L’enfant – Yojani Pérez Rivera – allait devenir l’un des meilleurs planchistes de Cuba et contribuer à populariser ce sport dans toute l’île. Cependant, on ne trouve pas de planches dans les boutiques de Cuba, où l’État restreint les biens de consommation. La fin de l’embargo commercial pourrait permettre de les obtenir plus facilement, mais la plupart des familles cubaines n’ont pas les moyens d’acheter de l’équipement de sport : le salaire mensuel moyen y est d’environ 20 $. Autrement dit, les enfants qui souhaitent suivre les traces de Yojani Pérez Rivera doivent compter sur les touristes et les organismes caritatifs pour se procurer une planche. Depuis 2000, l’organisme Skateboards for Hope, fondé par Betty Esperanza pour offrir du matériel d’occasion aux jeunes Cubains, a distribué quelque 300 planches à roulettes.

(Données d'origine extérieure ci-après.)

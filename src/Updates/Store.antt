-- ===== src/Updates/Store.antt =====
-- internal/server/store/updates.go: the tables of announcements and of what workers said. A query that
-- fails for a reason of the database's own is left out, and so is the count of recipients, which
-- nothing reads.
use robotdreams.Base.{
  ℕ, Text, is_empty, eqb, text_ltb, any, keep, take, order_by, ltb, ◌==◌, Bool, not, ◌&&◌, ◌||◌,
  Option, none, some, List, [], ◌∷◌, ◌++◌, if◌then◌else◌,
}
use robotdreams.Updates.{Announcement}

abbrev pub update_announcement_retention : ℕ
update_announcement_retention = 50

pub record WorkerUpdateState : Type 0 where
  pub worker_id : Text
  pub kind : Text
  pub current_version : Text
  pub announcement_id : Text
  pub target_version : Text
  pub status : Text
  pub detail : Text
  pub reported_at : ℕ

pub record UpdateStore : Type 0 where
  pub announcements : List Announcement
  pub states : List WorkerUpdateState

-- ORDER BY announced_at DESC, id DESC
abbrev pub newer_first : Announcement → Announcement → Bool
newer_first a b =
    if a.announced_at == b.announced_at
    then text_ltb b.id a.id
    else ltb b.announced_at a.announced_at

abbrev pub of_kind : Text → List Announcement → List Announcement
of_kind kind anns = keep (λ a. eqb a.kind kind) anns

abbrev pub has_id : Text → List Announcement → Bool
has_id id anns = any (λ a. eqb a.id id) anns

-- The newest of a kind, as many as are retained.
abbrev pub retained : Text → List Announcement → List Announcement
retained kind anns = take update_announcement_retention (order_by newer_first (of_kind kind anns))

unfoldable pub prune_update_announcements : Text → List Announcement → List Announcement
prune_update_announcements kind anns =
    keep (λ a. not (eqb a.kind kind) || has_id a.id (retained kind anns)) anns

-- An id is the primary key; `none` is an error.
unfoldable pub insert_update_announcement : Announcement → UpdateStore → Option UpdateStore
unfolding prune_update_announcements
insert_update_announcement a s =
    if is_empty a.id || has_id a.id s.announcements
    then none
    else some
        (record s { announcements = prune_update_announcements a.kind (s.announcements ++ a ∷ []) })

unfoldable pub get_update_announcement : Text → List Announcement → Option Announcement
get_update_announcement id [] = none
get_update_announcement id (a ∷ anns) =
    let rest = get_update_announcement id anns in if eqb a.id id then some a else rest

-- An empty kind is any; a limit of 0 is none.
unfoldable pub list_update_announcements : Text → ℕ → List Announcement → List Announcement
list_update_announcements kind limit anns =
    let found = order_by newer_first (keep (λ a. is_empty kind || eqb a.kind kind) anns) in
    if limit == 0 then found else take limit found

-- What ON CONFLICT keeps of the row that is there.
abbrev pub merged_state : WorkerUpdateState → WorkerUpdateState → WorkerUpdateState
merged_state row new = record new {
  current_version =
      if is_empty new.current_version then row.current_version else new.current_version;
  announcement_id =
      if is_empty new.announcement_id then row.announcement_id else new.announcement_id;
  target_version = if is_empty new.announcement_id then row.target_version else new.target_version;
}

abbrev pub same_row : WorkerUpdateState → WorkerUpdateState → Bool
same_row a b = eqb a.worker_id b.worker_id && eqb a.kind b.kind

unfoldable pub put_state : WorkerUpdateState → List WorkerUpdateState → List WorkerUpdateState
put_state new [] = new ∷ []
put_state new (row ∷ rows) =
    let rest = put_state new rows in
    if same_row row new then merged_state row new ∷ rows else row ∷ rest

unfoldable pub upsert_worker_update_state : WorkerUpdateState → UpdateStore → Option UpdateStore
unfolding put_state
upsert_worker_update_state st s =
    if is_empty st.worker_id || is_empty st.kind
    then none
    else some (record s { states = put_state st s.states })

-- The row of a worker and a kind, which are the primary key.
unfoldable pub state_of : Text → Text → List WorkerUpdateState → Option WorkerUpdateState
state_of worker kind [] = none
state_of worker kind (row ∷ rows) =
    let rest = state_of worker kind rows in
    if eqb row.worker_id worker && eqb row.kind kind then some row else rest

unfoldable pub delete_worker_update_state : Text → UpdateStore → UpdateStore
delete_worker_update_state worker s = record s {
  states = keep (λ row. not (eqb row.worker_id worker)) s.states;
}
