-- ===== src/Server/State.antt =====
-- The state that the operations of internal/server/server.go change, and how they change it: the
-- chart in memory, the rows of the store, and the envelopes handed to the messaging backend.
-- What was done before an error stays done, so the state comes back beside the error too.
use robotdreams.Base.{
  ℕ, suc, Text, Assoc, insert, erase, lookup, Bool, Option, none, some, List, [], ◌∷◌, ◌++◌, Result,
  ok, err, if◌then◌else◌,
}
use robotdreams.Messaging.{Envelope}
use robotdreams.Orgchart.Graph.{Graph, Worker}
use robotdreams.Orgchart.Graph
use robotdreams.Server.Schedules.{Schedule}
use robotdreams.Auth.Revocation.{RevocationStore, revoke}
use robotdreams.Updates.Store.{UpdateStore, delete_worker_update_state}

-- A row of internal/server/store/apps.go, without the worker's id that it is stored under.
pub record WorkerApp : Type 0 where
  pub url : Text
  pub description : Text
  pub declared_at : ℕ

pub record Server : Type 0 where
  pub graph : Graph
  pub rows : Assoc Worker
  pub revoked : RevocationStore
  pub schedules : Assoc Schedule
  pub updates : UpdateStore
  pub apps : Assoc WorkerApp
  pub sent : List Envelope
  pub minted : ℕ

-- The errors that callers tell apart. `endless` is a climb in the chart that does not end.
pub data ServerError : Type 0 where
  chart : Graph.Error → ServerError
  not_authorized no_escalation_target invalid_message store_failed send_failed endless : ServerError

-- A call of the store or of the messaging backend.
pub data Call : Type 0 where
  upserts deletes drops_updates drops_app revokes unschedules marks sends : Text → Call

-- What the body of a notice says; the JSON of it is a parameter.
pub data Notice : Type 0 where
  reassigned : (worker_id old_parent new_parent reassigned_by : Text) → Notice
  role_changed : (worker_id old_role new_role changed_by : Text) → Notice
  deleted : (worker_id : Text) (removed reparented : List Text) (reports_to reason : Text) → Notice

-- What the code does not implement: the clock's reading, fresh ids (`minted` counts them),
-- JSON, and which calls of the store and of the backend fail.
pub record World : Type 0 where
  pub now : ℕ
  pub new_id : ℕ → Text
  pub encode : Notice → Text
  pub fails : Call → Bool

abbrev pub M {ℓ} : Type ℓ → Type ℓ
M A = Server → Result ServerError A × Server

abbrev pub continue {ℓ} :
    {A B : Type ℓ} → Result ServerError A × Server → (A → M B) → Result ServerError B × Server
continue (ok a, s) f = f a s
continue (err e, s) f = (err e, s)

infixl 5 ◌>>=◌ ◌>>◌
unfoldable pub ◌>>=◌ {ℓ} : {A B : Type ℓ} → M A → (A → M B) → M B
◌>>=◌ m f s = continue (m s) f

abbrev pub ◌>>◌ {ℓ} : {A B : Type ℓ} → M A → M B → M B
m >> n = m >>= λ _. n

unfoldable pub pure {ℓ} : {A : Type ℓ} → A → M A
pure a s = (ok a, s)

unfoldable pub raise {ℓ} : {A : Type ℓ} → ServerError → M A
raise e s = (err e, s)

unfoldable pub gets : {A : Type 0} → (Server → A) → M A
gets f s = (ok (f s), s)

-- A read of the chart that may fail.
unfoldable pub read : {A : Type 0} → (Graph → Result Graph.Error A) → M A
read f s = elim (f s.graph) [ ok a ↦ (ok a, s) | err e ↦ (err (chart e), s) ]

-- A read that climbs or descends, whose loop may not end.
unfoldable pub read_climbing : {A : Type 0} → (Graph → Option (Result Graph.Error A)) → M A
read_climbing f s = elim (f s.graph) [
  | none ↦ (err endless, s)
  | some r ↦ elim r [ ok a ↦ (ok a, s) | err e ↦ (err (chart e), s) ]
]

-- A change of the chart that may be refused.
unfoldable pub edit : (Graph → Result Graph.Error Graph) → M (Unit {0})
edit f s = elim (f s.graph) [ ok g ↦ (ok tt, record s { graph = g }) | err e ↦ (err (chart e), s) ]

-- The same for Reassign, whose climb may not end.
unfoldable pub edit_climbing : (Graph → Option (Result Graph.Error Graph)) → M (Unit {0})
edit_climbing f s = elim (f s.graph) [
  | none ↦ (err endless, s)
  | some r ↦ elim r [ ok g ↦ (ok tt, record s { graph = g }) | err e ↦ (err (chart e), s) ]
]

module _ (w : World) where
  unfoldable pub upsert_worker : Worker → M (Unit {0})
  upsert_worker v s =
      if w.fails (upserts v.id)
      then (err store_failed, s)
      else (ok tt, record s { rows = insert v.id v s.rows })

  -- `DELETE FROM workers`
  unfoldable pub drop_row : Text → M (Unit {0})
  drop_row id s =
      if w.fails (deletes id)
      then (err store_failed, s)
      else (ok tt, record s { rows = erase id s.rows })

  unfoldable pub drop_updates : Text → M (Unit {0})
  unfolding delete_worker_update_state
  drop_updates id s =
      if w.fails (drops_updates id)
      then (err store_failed, s)
      else (ok tt, record s { updates = delete_worker_update_state id s.updates })

  unfoldable pub delete_worker_app : Text → M (Unit {0})
  delete_worker_app id s =
      if w.fails (drops_app id)
      then (err store_failed, s)
      else (ok tt, record s { apps = erase id s.apps })

  -- The store's DeleteWorker: the worker's row, what it said of updates, and its app.
  unfoldable pub delete_row : Text → M (Unit {0})
  unfolding drop_row drop_updates delete_worker_app
  delete_row id = do drop_row id; drop_updates id; delete_worker_app id

  unfoldable pub revoke_worker : Text → Text → M (Unit {0})
  revoke_worker id reason s =
      if w.fails (revokes id)
      then (err store_failed, s)
      else (ok tt, record s { revoked = revoke s.revoked w.now id reason })

  unfoldable pub delete_schedule : Text → M (Unit {0})
  delete_schedule id s =
      if w.fails (unschedules id) then (err store_failed, s) else elim (lookup id s.schedules) [
        | none ↦ (err store_failed, s)
        | some _ ↦ (ok tt, record s { schedules = erase id s.schedules })
      ]

  -- `s.messaging.Emit`
  unfoldable pub send : Envelope → M (Unit {0})
  send env s =
      if w.fails (sends env.to)
      then (err send_failed, s)
      else (ok tt, record s { sent = s.sent ++ env ∷ [] })

  -- `NewID()`
  unfoldable pub next_id : M Text
  next_id s = (ok (w.new_id s.minted), record s { minted = suc s.minted })
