-- ===== src/Server/Workers.antt =====
-- ConnectWorker, TouchWorker, ReassignWorker and SetWorkerRole of internal/server/server.go.
pub mod Authority
pub mod Notices
pub mod Shape
pub mod Rows
pub mod History
use robotdreams.Base.{
  Text, codes, is_empty, eqb, Bool, not, ◌&&◌, none, List, [], ◌∷◌, ◌++◌, if◌then◌else◌, ◌==◌,
}
use robotdreams.Messaging.{Envelope, status_update}
use robotdreams.Orgchart.Graph.{Worker, connected, invalid_worker, add_worker, reassign, set_role}
use robotdreams.Orgchart.Graph
use robotdreams.Auth.Delegation.{validate_worker_id}
use robotdreams.Server.State.{
  World, reassigned, role_changed, M, ◌>>=◌, ◌>>◌, pure, raise, read, edit, edit_climbing,
  upsert_worker, send, next_id, chart, not_authorized,
}

abbrev pub control_worker_id : Text
control_worker_id = codes "server"

-- A worker's status is "" on the wire where `reported` is false.
unfoldable pub filled : World → Worker → Bool → Worker
filled w v reported = record v {
  status = if reported then v.status else connected;
  connected_at = if v.connected_at == 0 then w.now else v.connected_at;
  last_seen_at = if v.last_seen_at == 0 then w.now else v.last_seen_at;
}

-- The worker itself, its parent, or an admin.
abbrev pub may_edit : Worker → Text → Text → Bool → Bool
may_edit current worker_id caller admin =
    not (not admin && (not (eqb caller worker_id) && not (eqb caller current.reports_to)))

abbrev pub author : Text → Text
author caller = if is_empty caller then control_worker_id else caller

abbrev pub present : Text → List Text
present k = if is_empty k then [] else k ∷ []

module _ (w : World) where
  unfoldable pub notice : Text → Text → Text → Text → Envelope
  notice subject body id to = record {
    id = id;
    type = status_update;
    from = control_worker_id;
    to = to;
    subject = subject;
    body = body;
    storage_ptr = none;
    created_at = w.now;
    causation_id = [];
  }

  -- The loop over the recipients that ends each operation.
  unfoldable pub announce : Text → Text → List Text → M (Unit {0})
  announce subject body [] = pure tt
  announce subject body (to ∷ rest) = do
    id ← next_id w
    send w (notice subject body id to)
    announce subject body rest

  unfoldable pub connect_worker : Worker → Bool → M (Unit {0})
  connect_worker v reported =
      if validate_worker_id v.id
      then (do
        edit (λ g. add_worker g (filled w v reported))
        upsert_worker w (filled w v reported))
      else raise (chart invalid_worker)

  unfoldable pub touch_worker : Text → M (Unit {0})
  touch_worker worker_id = do
    v ← read (λ g. Graph.get g worker_id)
    upsert_worker w (record v { last_seen_at = w.now; status = connected })

  unfoldable pub reassign_worker : Text → Text → Text → Bool → M (Unit {0})
  reassign_worker worker_id new_parent caller admin = do
    current ← read (λ g. Graph.get g worker_id)
    let old_parent = current.reports_to
    if not (may_edit current worker_id caller admin) then raise not_authorized else do
      edit_climbing (λ g. reassign g worker_id new_parent)
      updated ← read (λ g. Graph.get g worker_id)
      upsert_worker w updated
      announce (codes "worker reassigned")
          (w.encode (reassigned worker_id old_parent new_parent (author caller)))
          (worker_id ∷ present old_parent
            ++ (if eqb new_parent old_parent then [] else present new_parent))

  unfoldable pub set_worker_role : Text → Text → Text → Bool → M (Unit {0})
  set_worker_role worker_id role caller admin = do
    current ← read (λ g. Graph.get g worker_id)
    let parent = current.reports_to
    if not (may_edit current worker_id caller admin)
        then raise not_authorized
        else if eqb current.role role
        then pure tt
        else do
          edit (λ g. set_role g worker_id role)
          updated ← read (λ g. Graph.get g worker_id)
          upsert_worker w updated
          announce (codes "worker role changed")
              (w.encode (role_changed worker_id current.role role (author caller)))
              (worker_id ∷ (if eqb parent worker_id then [] else present parent))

Pour les planchistes de La Havane, Betty, qui travaille comme directrice régionale de la Fondation canadienne du foie à Montréal, est mieux connue sous le nom de Madrina (« marraine »). Elle doit son surnom à Yojani, qui est maintenant ambassadeur de Skateboards for Hope. Lorsque Betty parle de ce qu’un tel cadeau peut signifier pour un enfant vivant dans la pauvreté, elle montre le tatouage qui habille son bras gauche – une version ornementée de son nom de famille qui, en espagnol, signifie « espoir ».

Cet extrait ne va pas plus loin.